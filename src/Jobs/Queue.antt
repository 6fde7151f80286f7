-- ===== src/Jobs/Queue.antt =====
-- `Job` of src/personal_assistant/core/jobs/queue.py and `InMemoryJobQueue` of
-- src/personal_assistant/infrastructure/memory/job_queue.py. Payloads and results are values of a type
-- with a decided equality; times are in microseconds. Each method holds the lock, so a call is one
-- step. The clock and the fresh identifier are arguments, and so is Python's `repr` of a text.
use nju_personal_assistant.Base.{
  ℕ, ◌+◌, ◌-◌, ◌*◌, suc, String, Bool, true, false, [], ◌∷◌, Option, none, some, Dict, lookup,
  insert, leb, not, ◌==◌, nat_eq, string_eq, pair_eq, HasEq, if◌then◌else◌,
}
use nju_personal_assistant.Domain.Errors.{ok, raise, concat, key_error, value_error}
use nju_personal_assistant.Domain.Exec.{Exec}
use nju_personal_assistant.Domain.Text.{is_blank}
use nju_personal_assistant.Domain.Values.{ℤ, pos, negsuc}

pub data JobState : Type 0 where
  ready leased succeeded failed dead_letter waiting_reconciliation : JobState

abbrev pub is_ready : JobState → Bool
is_ready ready = true
is_ready _ = false

abbrev pub is_leased : JobState → Bool
is_leased leased = true
is_leased _ = false

pub record Job (P : Type 0) : Type 0 where
  pub id : String
  pub kind : String
  pub payload : P
  pub idempotency_key : String
  pub created_at : ℕ
  pub available_at : ℕ
  pub state : JobState
  pub attempts : ℕ
  pub max_attempts : ℕ
  pub lease_owner : Option String
  pub lease_until : Option ℕ
  pub result : Option P
  pub error_code : Option String
  pub version : ℕ

pub record Queue (P : Type 0) : Type 0 where
  pub jobs : Dict String (Job P)
  pub idempotency : Dict (String × String) String

-- `now + timedelta(seconds=lease_seconds)`
unfoldable pub lease_end : ℕ → ℤ → ℕ
lease_end now (pos n) = now + n * 1000000
lease_end now (negsuc n) = now - suc n * 1000000

abbrev pub below_one : ℤ → Bool
below_one (pos n) = leb n 0
below_one (negsuc n) = true

-- `lease_until is not None and lease_until <= now`
abbrev pub is_past : Option ℕ → ℕ → Bool
is_past none now = false
is_past (some t) now = leb t now

-- What is left of `max_attempts` once it is known to be positive.
natural : ℤ → ℕ
natural (pos n) = n
natural (negsuc n) = 0

unfoldable pub or_now : Option ℕ → ℕ → ℕ
or_now none now = now
or_now (some t) now = t

abbrev pub on_jobs : {P : Type 0} → (Dict String (Job P) → Dict String (Job P)) → Queue P → Queue P
on_jobs f q = record q { jobs = f q.jobs }

module _ {P : Type 0} ⦃e : HasEq P⦄ where
  -- The job that an idempotency key already names.
  unfoldable pub reuse : Option (Job P) → P → Exec (Queue P) (Job P)
  reuse none payload q = (raise key_error "", q)
  reuse (some job) payload q =
      if not (job.payload == payload)
      then (raise value_error "idempotency key was reused with a different job payload", q)
      else (ok job, q)

  unfoldable pub new_job : String → String → P → String → ℕ → Option ℕ → ℤ → Job P
  unfolding concat natural or_now
  new_job fresh kind payload key now available_at max_attempts = record {
    id = concat ("job_" ∷ fresh ∷ []);
    kind = kind;
    payload = payload;
    idempotency_key = key;
    created_at = now;
    available_at = or_now available_at now;
    state = ready;
    attempts = 0;
    max_attempts = natural max_attempts;
    lease_owner = none;
    lease_until = none;
    result = none;
    error_code = none;
    version = 0;
  }

  unfoldable pub add_job : Job P → Exec (Queue P) (Job P)
  add_job job q = (
    ok job,
    record {
      jobs = insert job.id job q.jobs;
      idempotency = insert (job.kind, job.idempotency_key) job.id q.idempotency;
    },
  )

  unfoldable pub enqueue_at : Option String → Job P → Exec (Queue P) (Job P)
  unfolding reuse add_job
  enqueue_at none job q = add_job job q
  enqueue_at (some i) job q = reuse (lookup i q.jobs) job.payload q

  unfoldable pub enqueue : String → String → P → String → ℕ → Option ℕ → ℤ → Exec (Queue P) (Job P)
  unfolding enqueue_at new_job
  enqueue fresh kind payload key now available_at max_attempts q =
      if is_blank key
      then (raise value_error "idempotency_key is required", q)
      else if below_one max_attempts
      then (raise value_error "max_attempts must be positive", q)
      else enqueue_at (lookup (kind, key) q.idempotency)
          (new_job fresh kind payload key now available_at max_attempts) q

unfoldable pub get : {P : Type 0} → String → Queue P → Option (Job P)
get i q = lookup i q.jobs
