-- ===== src/Jobs/Claims.antt =====
-- `claim` of src/personal_assistant/infrastructure/memory/job_queue.py: the leases that ran out, and the
-- first job that is ready.
use nju_personal_assistant.Base.{
  ℕ, ◌+◌, String, Bool, List, [], ◌∷◌, Option, none, some, insert, leb, ltb, ◌==◌, ◌&&◌, ◌||◌,
  nat_eq, string_eq, pair_eq, if◌then◌else◌, map, map_values,
}
use nju_personal_assistant.Domain.Errors.{ok, raise, value_error}
use nju_personal_assistant.Domain.Exec.{Exec}
use nju_personal_assistant.Domain.Values.{ℤ, leb_text}
use nju_personal_assistant.Jobs.Queue.{
  Job, Queue, ready, leased, is_ready, is_leased, is_past, lease_end, below_one, on_jobs,
}

module _ {P : Type 0} where
  -- A lease that ran out gives the job back.
  unfoldable pub revive : ℕ → Job P → Job P
  revive now job =
      if is_leased job.state && is_past job.lease_until now
      then record job { state = ready; lease_owner = none; lease_until = none }
      else job

  unfoldable pub is_candidate : ℕ → Job P → Bool
  is_candidate now job = is_ready job.state && leb job.available_at now

  -- The order of (available_at, created_at, id).
  unfoldable pub leb_job : Job P → Job P → Bool
  leb_job a b =
      ltb a.available_at b.available_at
      || (a.available_at == b.available_at
          && (ltb a.created_at b.created_at
              || (a.created_at == b.created_at && leb_text a.id b.id)))

  unfoldable pub earlier : Job P → Option (Job P) → Option (Job P)
  unfolding leb_job
  earlier job none = some job
  earlier job (some best) = if leb_job job best then some job else some best

  unfoldable pub consider : ℕ → Job P → Option (Job P) → Option (Job P)
  unfolding earlier is_candidate
  consider now job best = if is_candidate now job then earlier job best else best

  -- `min` of the candidates of a list of jobs
  unfoldable pub first_candidate : ℕ → List (Job P) → Option (Job P)
  unfolding consider
  first_candidate now [] = none
  first_candidate now (job ∷ jobs) = consider now job (first_candidate now jobs)

  unfoldable pub lease : String → ℕ → ℤ → Job P → Job P
  unfolding lease_end
  lease worker_id now lease_seconds job = record job {
    state = leased;
    lease_owner = some worker_id;
    lease_until = some (lease_end now lease_seconds);
    attempts = job.attempts + 1;
    version = job.version + 1;
  }

  unfoldable pub take_candidate : String → ℕ → ℤ → Option (Job P) → Exec (Queue P) (Option (Job P))
  unfolding lease
  take_candidate worker_id now lease_seconds none q = (ok none, q)
  take_candidate worker_id now lease_seconds (some job) q =
      let taken = lease worker_id now lease_seconds job in
      (ok (some taken), on_jobs (insert taken.id taken) q)

  unfoldable pub claim : String → ℕ → ℤ → Exec (Queue P) (Option (Job P))
  unfolding take_candidate first_candidate revive
  claim worker_id now lease_seconds q =
      if below_one lease_seconds
      then (raise value_error "lease_seconds must be positive", q)
      else let jobs = map_values (revive now) q.jobs in
        take_candidate worker_id now lease_seconds
          (first_candidate now (map (λ entry. entry.1) jobs)) (record q { jobs = jobs })
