-- ===== src/Jobs/Holding.antt =====
-- The methods of src/personal_assistant/infrastructure/memory/job_queue.py that ask for a lease.
use nju_personal_assistant.Base.{
  ℕ, ◌+◌, String, Bool, false, [], ◌∷◌, Option, none, some, lookup, insert, leb, ltb, not, ◌==◌,
  ◌&&◌, nat_eq, string_eq, pair_eq, if◌then◌else◌,
}
use nju_personal_assistant.Domain.Errors.{ok, raise, concat, key_error, lease_conflict}
use nju_personal_assistant.Domain.Exec.{Exec}
use nju_personal_assistant.Domain.Values.{ℤ}
use nju_personal_assistant.Jobs.Queue.{
  Job, Queue, ready, succeeded, failed, dead_letter, waiting_reconciliation, is_leased, lease_end,
  or_now, on_jobs,
}

abbrev pub owns : Option String → String → Bool
owns none worker_id = false
owns (some w) worker_id = w == worker_id

abbrev pub is_live : Option ℕ → ℕ → Bool
is_live none now = false
is_live (some t) now = not (leb t now)

module _ {P : Type 0} where
  -- The condition of `_require_lease`
  unfoldable pub holds_lease : Job P → String → ℕ → Bool
  holds_lease job worker_id now =
      is_leased job.state && owns job.lease_owner worker_id && is_live job.lease_until now

  module _ (repr : String → String) where
    unfoldable pub with_found :
        Option (Job P) → String → String → ℕ → (Job P → Job P) → Exec (Queue P) (Job P)
    unfolding concat holds_lease
    with_found none i worker_id now change q = (raise key_error i, q)
    with_found (some job) i worker_id now change q =
        if not (holds_lease job worker_id now)
        then (
          raise lease_conflict
              (concat ("worker " ∷ repr worker_id ∷ " does not own job " ∷ repr i ∷ [])),
          q,
        )
        else (ok (change job), on_jobs (insert i (change job)) q)

    -- `_require_lease`, then a change of the job that it returns.
    unfoldable pub with_lease : String → String → ℕ → (Job P → Job P) → Exec (Queue P) (Job P)
    unfolding with_found
    with_lease i worker_id now change q = with_found (lookup i q.jobs) i worker_id now change q

    unfoldable pub heartbeat : String → String → ℕ → ℤ → Exec (Queue P) (Job P)
    unfolding with_lease lease_end
    heartbeat i worker_id now lease_seconds = with_lease i worker_id now (λ job. record job {
      lease_until = some (lease_end now lease_seconds);
      version = job.version + 1;
    })

    -- `_release`
    released : Job P → Job P
    released job = record job { lease_owner = none; lease_until = none; version = job.version + 1 }

    unfoldable pub complete : String → String → ℕ → P → Exec (Queue P) (Job P)
    unfolding with_lease released
    complete i worker_id now result =
        with_lease i worker_id now
          (λ job. released (record job { state = succeeded; result = some result }))

    unfoldable pub release : String → String → ℕ → Exec (Queue P) (Job P)
    unfolding with_lease released
    release i worker_id now =
        with_lease i worker_id now
          (λ job. released (record job { state = ready; available_at = now }))

    failing : String → Bool → Option ℕ → ℕ → Job P → Job P
    unfolding or_now
    failing error_code retryable retry_at now job =
        if retryable && ltb job.attempts job.max_attempts
        then record job {
          error_code = some error_code;
          state = ready;
          available_at = or_now retry_at now;
        }
        else record job {
          error_code = some error_code;
          state = if retryable then dead_letter else failed;
        }

    unfoldable pub fail : String → String → ℕ → String → Bool → Option ℕ → Exec (Queue P) (Job P)
    unfolding with_lease released failing
    fail i worker_id now error_code retryable retry_at =
        with_lease i worker_id now (λ job. released (failing error_code retryable retry_at now job))

    unfoldable pub mark_unknown : String → String → ℕ → String → Exec (Queue P) (Job P)
    unfolding with_lease released
    mark_unknown i worker_id now diagnostic_code = with_lease i worker_id now (λ job.
        released (record job { state = waiting_reconciliation; error_code = some diagnostic_code }))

**ACTIVITY**.
In the listing above, find the line containing "lease_owner = some worker_id;" and the line containing "take_candidate worker_id now lease_seconds (some". Output them and every line between, exactly, and nothing else.

**ANSWER TO THIS EXERCISE**.
    lease_owner = some worker_id;
    lease_until = some (lease_end now lease_seconds);
    attempts = job.attempts + 1;
    version = job.version + 1;
  }

  unfoldable pub take_candidate : String → ℕ → ℤ → Option (Job P) → Exec (Queue P) (Option (Job P))
  unfolding lease
  take_candidate worker_id now lease_seconds none q = (ok none, q)
  take_candidate worker_id now lease_seconds (some job) q =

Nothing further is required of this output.